6.1 Exponential Distribution
Given the above definitions, the expected maximum using the exponential distribution will be given as:
\[ E(\max(X))=\lambda N\int_0^\bar{x} x(1-e^{-\lambda x})^{N-1}e^{-\lambda x}dx \]
Can this be integrated? I don’t think so, but let’s see how it changes with N. Through the Leibniz rule, the differential is given by:
\[ \frac{d}{dN}(E(\max(X))=\int_0^\bar{x}xe^{-\lambda x}\frac{\partial}{\partial N}(N(1-e^{-\lambda x})^{N-1})dx =\int_0^\bar{x}xe^{-\lambda x}[(N+\ln(1-e^{-\lambda x}))(1-e^{-\lambda x})^{N-1}]dx \]
6.2 Log-Logistic
Likewise the expected max under the Log-logistic
\[ E(\max(X))=N\int_0^\bar{x} (\frac{x^\beta}{\alpha^\beta+x^\beta})^{N-1} \frac{\beta/\alpha(x/\alpha)^{\beta-1}}{(1+(x/\alpha)^\beta)^2}dx =N\beta\alpha^\beta\int_0^\bar{x} \frac{x^{N\beta}}{(\alpha^\beta+x^\beta)^{N+1}}dx \]

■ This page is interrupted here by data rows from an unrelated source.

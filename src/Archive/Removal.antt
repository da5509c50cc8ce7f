-- ===== src/Archive/Removal.antt =====
-- The deletion of a record: what becomes of the tables and of the files.
use cqwu_achievement_system.Prelude.{List, String, Bool, true, ◌≡◌, ◌⊎◌, keep, not, str_eq}
use cqwu_achievement_system.Effect.{Result, ok}
use cqwu_achievement_system.Errors.{AppError}
use cqwu_achievement_system.Storage.{Client, DeleteObjectFailure}
use cqwu_achievement_system.Storage.Report.{Accounts}
use cqwu_achievement_system.Tasks.Outbox.Table.{Codec}
use cqwu_achievement_system.Server.{FileRow, Database, Server}
use cqwu_achievement_system.Templates.Frozen.{is_error}
use cqwu_achievement_system.Archive.Deletion.{Accounted}
use cqwu_achievement_system.Archive.Records.{keys_of_record, same_record, any_record}

module _ (record_id template_id : String) where
  -- The tables without the record and its files.
  abbrev pub pruned : Database → Database
  pruned d = record d {
    records = keep (λ r. not (same_record record_id template_id r)) d.records;
    files = keep (λ (f : FileRow). not (str_eq f.record_id record_id)) d.files;
  }

  -- The record is there, and the second tables are the first without it and its files.
  abbrev pub Pruned : Database → Database → Type 0
  Pruned d e = (any_record (same_record record_id template_id) d.records ≡ true) × (e ≡ pruned d)

module _ {S P V : Type 0} (client : Client S) (test : DeleteObjectFailure → Bool)
    (Settled : S → String → Type 0) (accounts : Accounts client test Settled) (codec : Codec P)
    (template_id record_id : String) (w : Server S P V) where
  abbrev keys : List String
  keys = keys_of_record record_id w.database.files

  -- How a deletion ends: with the record and its files gone from the committed tables and every key of
  -- them accounted for; or with an error, the store and the outbox as they were, and the committed
  -- tables as they were or without the record and its files.
  abbrev pub Ended : Result AppError Unit × Server S P V → Type 0
  Ended x =
      ((x.0 ≡ ok tt)
        × Pruned record_id template_id w.database x.1.database
        × Accounted client test Settled accounts codec keys w.outbox (x.1.store, x.1.outbox))
      ⊎ ((is_error x.0 ≡ true)
          × (x.1.store ≡ w.store)
          × (x.1.outbox ≡ w.outbox)
          × ((x.1.database ≡ w.database) ⊎ Pruned record_id template_id w.database x.1.database))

This looks more integratable, is it? Well, if it isn’t let’s find the integral with respect to \(N\).
\[ \frac{d}{dN}(E(\max(X))=\beta\alpha^\beta\int_0^\bar{x}\frac{\partial}{\partial N} (\frac{Nx^{\beta N}}{(\alpha^\beta+x^\beta)^{N+1}})dx \]
\[ =\beta\alpha^\beta\int_0^\bar{x} \frac{x^{\beta N}}{(\alpha^\beta+x^\beta)^{N+1}} + \frac{\beta Nx^{\beta N}\ln(x)}{(\alpha^\beta+x^\beta)^{N+1}} - \frac{Nx^{\beta N}\ln(\alpha^\beta+x^\beta)}{(\alpha^\beta+x^\beta)^{N+1}} dx \]
6.3 Fréchet Distribution
This distribution is relatively simple with the PDF and CDF as follows:
\[ f(x;\alpha)=\alpha x^{-(1+\alpha)}e^{-x^{-\alpha}} \]
\[ F(x;\alpha)=e^{-x^{-\alpha}} \]
Thus, with this choice of distribution, the expected maximum would be given as:
\[ \alpha N\int_0^\bar{x} x^{-\alpha}e^{-Nx^{-\alpha}} dx = \bigg[N^{\frac{1}{\alpha}}\Gamma\bigg(\frac{\alpha-1}{\alpha},\frac{N}{x^\alpha}\bigg)\bigg]_0^\bar{x} \]
This looks to be the first distribution that actually is integratable, but even this is somewhat incomplete as the answer includes an incomplete gamma function. This is described as an integral, so we can’t take this process any further than this. It does, however, mean that we can find the derivative. Except i don’t want to as it also has the incomplete gamma function due to having to use the product rule. i.e: \[ \dfrac{N^{\frac{1}{a}-1}\mathrm{e}^{-\frac{N}{x^a}}\cdot\left(\operatorname{\Gamma}\left(\frac{a-1}{a},\frac{N}{x^a}\right)\,\mathrm{e}^\frac{N}{x^a}-a\cdot\left(\frac{N}{x^a}\right)^\frac{a-1}{a}\right)}{a} \]
7 Intuitive Reasoning
Maths hasn’t been able to show the expected maximum increasing with \(N\), but thankfully a little intuitive logic should. Recall the equation for the expected maximum:
\[ E(\max(X))=N\int_0^\bar{x} xF(x)^{N-1}f(x)dx \]
Can we say if this is increasing in N, whilst there are counteracting forces: The \(N\) at the beginning acting as a scalar certainly increases the expected maximum; but the power \(N-1\) on the CDF in the integral will decrease the integrand (as the CDF<1).